··· Input data

-- ===== src/Domain.antt =====
-- The domain model of the API service: api/internal/domain/notification/models.go and errors.go.
-- A setter is a call on the notification as its state.
pub mod Lifecycle
use Prim.Native.Nat.{ℕ}
use Prim.Native.Char.{code}
use Prim.Native.String
use Prim.Native.String.{◌++◌}
use insider_notification.Base.{
  ℤ, pos, zero, String, Bool, true, false, ◌&&◌, ◌||◌, Option, none, some, List, [], ◌∷◌, ◌==◌,
  length, leb, eqb, is_positive, if◌then◌else◌,
}
use insider_notification.Errors.{Error, domain_error, wrapped, message}
use insider_notification.Effect.{M, pure, fail, ok, err}
use insider_notification.Platform.{Platform}
use insider_notification.Public.Channel
use insider_notification.Public.Priority
use insider_notification.Public.Status

pub record Notification : Type 0 where
  pub channel : String
  pub recipient : String
  pub content : String
  pub priority : String
  pub status : String
  pub deliver_after : Option ℕ
  pub max_attempts : ℤ

-- `var n notification.Notification`
abbrev pub zero_notification : Notification
zero_notification = record {
  channel = "";
  recipient = "";
  content = "";
  priority = "";
  status = "";
  deliver_after = none;
  max_attempts = pos 0;
}

abbrev pub err_invalid_channel : Error
err_invalid_channel = domain_error "INVALID_CHANNEL" "must be one of sms, email, push"

abbrev pub err_recipient_required : Error
err_recipient_required = domain_error "RECIPIENT_REQUIRED" "required"

abbrev pub err_invalid_email : Error
err_invalid_email = domain_error "INVALID_EMAIL" "must be a valid email address"

abbrev pub err_invalid_phone : Error
err_invalid_phone =
    domain_error "INVALID_PHONE" "must be a valid E.164 phone number (+<7-15 digits>)"

abbrev pub err_channel_not_set : Error
err_channel_not_set = domain_error "CHANNEL_NOT_SET" "channel must be set before recipient"

abbrev pub err_content_required : Error
err_content_required = domain_error "CONTENT_REQUIRED" "required"

abbrev pub err_invalid_priority : Error
err_invalid_priority = domain_error "INVALID_PRIORITY" "must be one of high, normal, low"

abbrev pub err_invalid_deliver_after : Error
err_invalid_deliver_after = domain_error "INVALID_DELIVER_AFTER" "must be ISO 8601 format"

abbrev pub err_invalid_max_attempts : Error
err_invalid_max_attempts = domain_error "INVALID_MAX_ATTEMPTS" "must be greater than 0"

abbrev pub err_unknown_status : Error
err_unknown_status = domain_error "UNKNOWN_STATUS" "unknown status"

abbrev pub err_invalid_transition : Error
err_invalid_transition = domain_error "INVALID_TRANSITION" "invalid status transition"

-- The code points of a text.
abbrev pub codes : String → List ℕ
codes String.[] = []
codes (String.◌∷◌ c s) = code c ∷ codes s

abbrev pub is_digit : ℕ → Bool
is_digit c = leb b'0' c && leb c b'9'

unfoldable pub all_digits : List ℕ → Bool
all_digits [] = true
all_digits (c ∷ cs) = is_digit c && all_digits cs

-- What follows the plus sign: [1-9]\d{6,14}
unfoldable pub phone_digits : List ℕ → Bool
unfolding all_digits
phone_digits [] = false
phone_digits (d ∷ ds) =
    leb b'1' d && leb d b'9' && all_digits ds && leb 6 (length ds) && leb (length ds) 14

unfoldable pub phone_codes : List ℕ → Bool
unfolding phone_digits
phone_codes [] = false
phone_codes (c ∷ cs) = eqb c b'+' && phone_digits cs

-- `phoneRE.MatchString`, for the expression ^\+[1-9]\d{6,14}$
unfoldable pub phone_re_match : String → Bool
unfolding phone_codes
phone_re_match s = phone_codes (codes s)

unfoldable pub set_channel : String → M Notification (Unit {0})
set_channel ch n =
    if ch == Channel.sms || ch == Channel.email || ch == Channel.push
    then (record n { channel = ch }, ok tt)
    else (n, err err_invalid_channel)

unfoldable pub set_recipient : Platform → String → M Notification (Unit {0})
set_recipient p r n =
    if r == ""
    then (n, err err_recipient_required)
    else if n.channel == Channel.email
    then if p.parse_address r
      then (record n { recipient = r }, ok tt)
      else (n, err err_invalid_email)
    else if n.channel == Channel.sms
    then if phone_re_match r
      then (record n { recipient = r }, ok tt)
      else (n, err err_invalid_phone)
    else if n.channel == Channel.push
    then (record n { recipient = r }, ok tt)
    else (n, err err_channel_not_set)

unfoldable pub set_content : String → M Notification (Unit {0})
set_content s n =
    if s == "" then (n, err err_content_required) else (record n { content = s }, ok tt)

unfoldable pub set_priority : String → M Notification (Unit {0})
set_priority p n =
    if p == Priority.high || p == Priority.normal || p == Priority.low
    then (record n { priority = p }, ok tt)
    else (n, err err_invalid_priority)

unfoldable pub set_deliver_after : Option ℕ → M Notification (Unit {0})
set_deliver_after t n = (record n { deliver_after = t }, ok tt)

unfoldable pub set_max_attempts : ℤ → M Notification (Unit {0})
set_max_attempts v n =
    if is_positive v
    then (record n { max_attempts = v }, ok tt)
    else (n, err err_invalid_max_attempts)

-- The map `validTransitions`; `none` is a key that is not there.
unfoldable pub valid_transitions : String → Option (List String)
valid_transitions s =
    if s == Status.pending
    then some (Status.delivered ∷ Status.failed ∷ Status.cancelled ∷ [])
    else if s == Status.failed
    then some (Status.pending ∷ [])
    else if s == Status.delivered
    then some []
    else if s == Status.cancelled
    then some []
    else none

-- `slices.Contains`
abbrev pub contains : List String → String → Bool
contains [] a = false
contains (x ∷ xs) a = x == a || contains xs a

-- `fmt.Errorf("%w: %q", ErrUnknownStatus(), n.status)`
abbrev pub unknown_status_error : Platform → String → Error
unknown_status_error p s =
    wrapped (message p err_unknown_status ++ ": " ++ p.quote s) err_unknown_status

-- `fmt.Errorf("%w: %s → %s", ErrInvalidTransition(), n.status, to)`
abbrev pub invalid_transition_error : Platform → String → String → Error
invalid_transition_error p s to =
    wrapped (message p err_invalid_transition ++ ": " ++ s ++ " → " ++ to) err_invalid_transition

unfoldable pub transition : Platform → String → M Notification (Unit {0})
transition p to n = if n.status == to then (n, ok tt) else elim (valid_transitions n.status) [
  | none ↦ (n, err (unknown_status_error p n.status))
  | some allowed ↦
      if contains allowed to
      then (record n { status = to }, ok tt)
      else (n, err (invalid_transition_error p n.status to))
]

-- `New` and the getters are the record and its fields, but for this one.
unfoldable pub get_max_attempts : Notification → ℤ
get_max_attempts n = elim n.max_attempts [ pos zero ↦ pos 1 | other ↦ other ]
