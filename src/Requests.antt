-- ===== src/Requests.antt =====
-- The request bodies of the HTTP API: `createRequest` and `ToNotification` of
-- api/internal/transport/http/dtos.go.
pub mod Acceptance
use insider_notification.Base.{ℕ, ℤ, String, Option, none, some}
use insider_notification.Errors.{Error}
use insider_notification.Effect.{M, pure, fail, ◌>>=◌, ◌>>◌, Result}
use insider_notification.Platform.{Platform}
use insider_notification.Domain.{
  Notification, zero_notification, set_channel, set_recipient, set_content, set_priority,
  set_max_attempts, set_deliver_after, err_invalid_deliver_after,
}

pub record CreateRequest : Type 0 where
  pub recipient : String
  pub channel : String
  pub content : String
  pub priority : String
  pub max_attempts : Option ℤ
  pub deliver_after : Option String

-- `if r.MaxAttempts != nil`
set_request_attempts : Option ℤ → M Notification (Unit {0})
set_request_attempts none = pure tt
set_request_attempts (some v) = set_max_attempts v

set_parsed : Option ℕ → M Notification (Unit {0})
set_parsed none = fail err_invalid_deliver_after
set_parsed (some t) = set_deliver_after (some t)

-- `if r.DeliverAfter != nil`
set_request_time : Platform → Option String → M Notification (Unit {0})
unfolding set_parsed
set_request_time p none = pure tt
set_request_time p (some text) = set_parsed (p.parse_rfc3339 text)

-- The body of `ToNotification` on the notification that it builds.
unfoldable pub fill : Platform → CreateRequest → M Notification (Unit {0})
unfolding set_request_attempts set_request_time
fill p r = do
  set_channel r.channel
  set_recipient p r.recipient
  set_content r.content
  set_priority r.priority
  set_request_attempts r.max_attempts
  set_request_time p r.deliver_after

unfoldable pub to_notification : Platform → CreateRequest → Notification × Result (Unit {0})
to_notification p r = fill p r zero_notification
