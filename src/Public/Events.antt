-- ===== src/Public/Events.antt =====
-- The events that the services exchange: api/public/events.go, processor/public/events.go and
-- deliveryscheduler/public/events.go.
use insider_notification.Base.{ℕ, ℤ, String, List}

pub record NotificationReadyEvent : Type 0 where
  pub notification_id : String
  pub channel : String
  pub recipient : String
  pub content : String
  pub priority : String
  pub max_attempts : ℤ

pub record ScheduledNotificationItem : Type 0 where
  pub notification_id : String
  pub scheduled_at : ℕ

pub record NotificationsScheduledEvent : Type 0 where
  pub notifications : List ScheduledNotificationItem

pub record NotificationScheduleCancelledEvent : Type 0 where
  pub notification_id : String

pub record NotificationDeliveryResultEvent : Type 0 where
  pub notification_id : String
  pub status : String
  pub attempt_number : ℕ
  pub http_status_code : ℕ
  pub error_message : String
  pub provider_message_id : String
  pub latency_ms : ℕ

pub record ScheduledNotificationDueEvent : Type 0 where
  pub notification_id : String

-- The values that are passed as the `payload any` of a publisher.
pub data Payload : Type 0 where
  ready : NotificationReadyEvent → Payload
  scheduled : NotificationsScheduledEvent → Payload
  schedule_cancelled : NotificationScheduleCancelledEvent → Payload
  delivery_result : NotificationDeliveryResultEvent → Payload
  due : ScheduledNotificationDueEvent → Payload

······

▸ Task description
Copy every line of the entries in which "some" can be found.

▸ Solved problem
  ℤ, pos, zero, String, Bool, true, false, ◌&&◌, ◌||◌, Option, none, some, List, [], ◌∷◌, ◌==◌,
    then some (Status.delivered ∷ Status.failed ∷ Status.cancelled ∷ [])
    then some (Status.pending ∷ [])
    then some []
    then some []
  | some allowed ↦
use insider_notification.Base.{ℕ, ℤ, String, Option, none, some}
set_request_attempts (some v) = set_max_attempts v
set_parsed (some t) = set_deliver_after (some t)
set_request_time p (some text) = set_parsed (p.parse_rfc3339 text)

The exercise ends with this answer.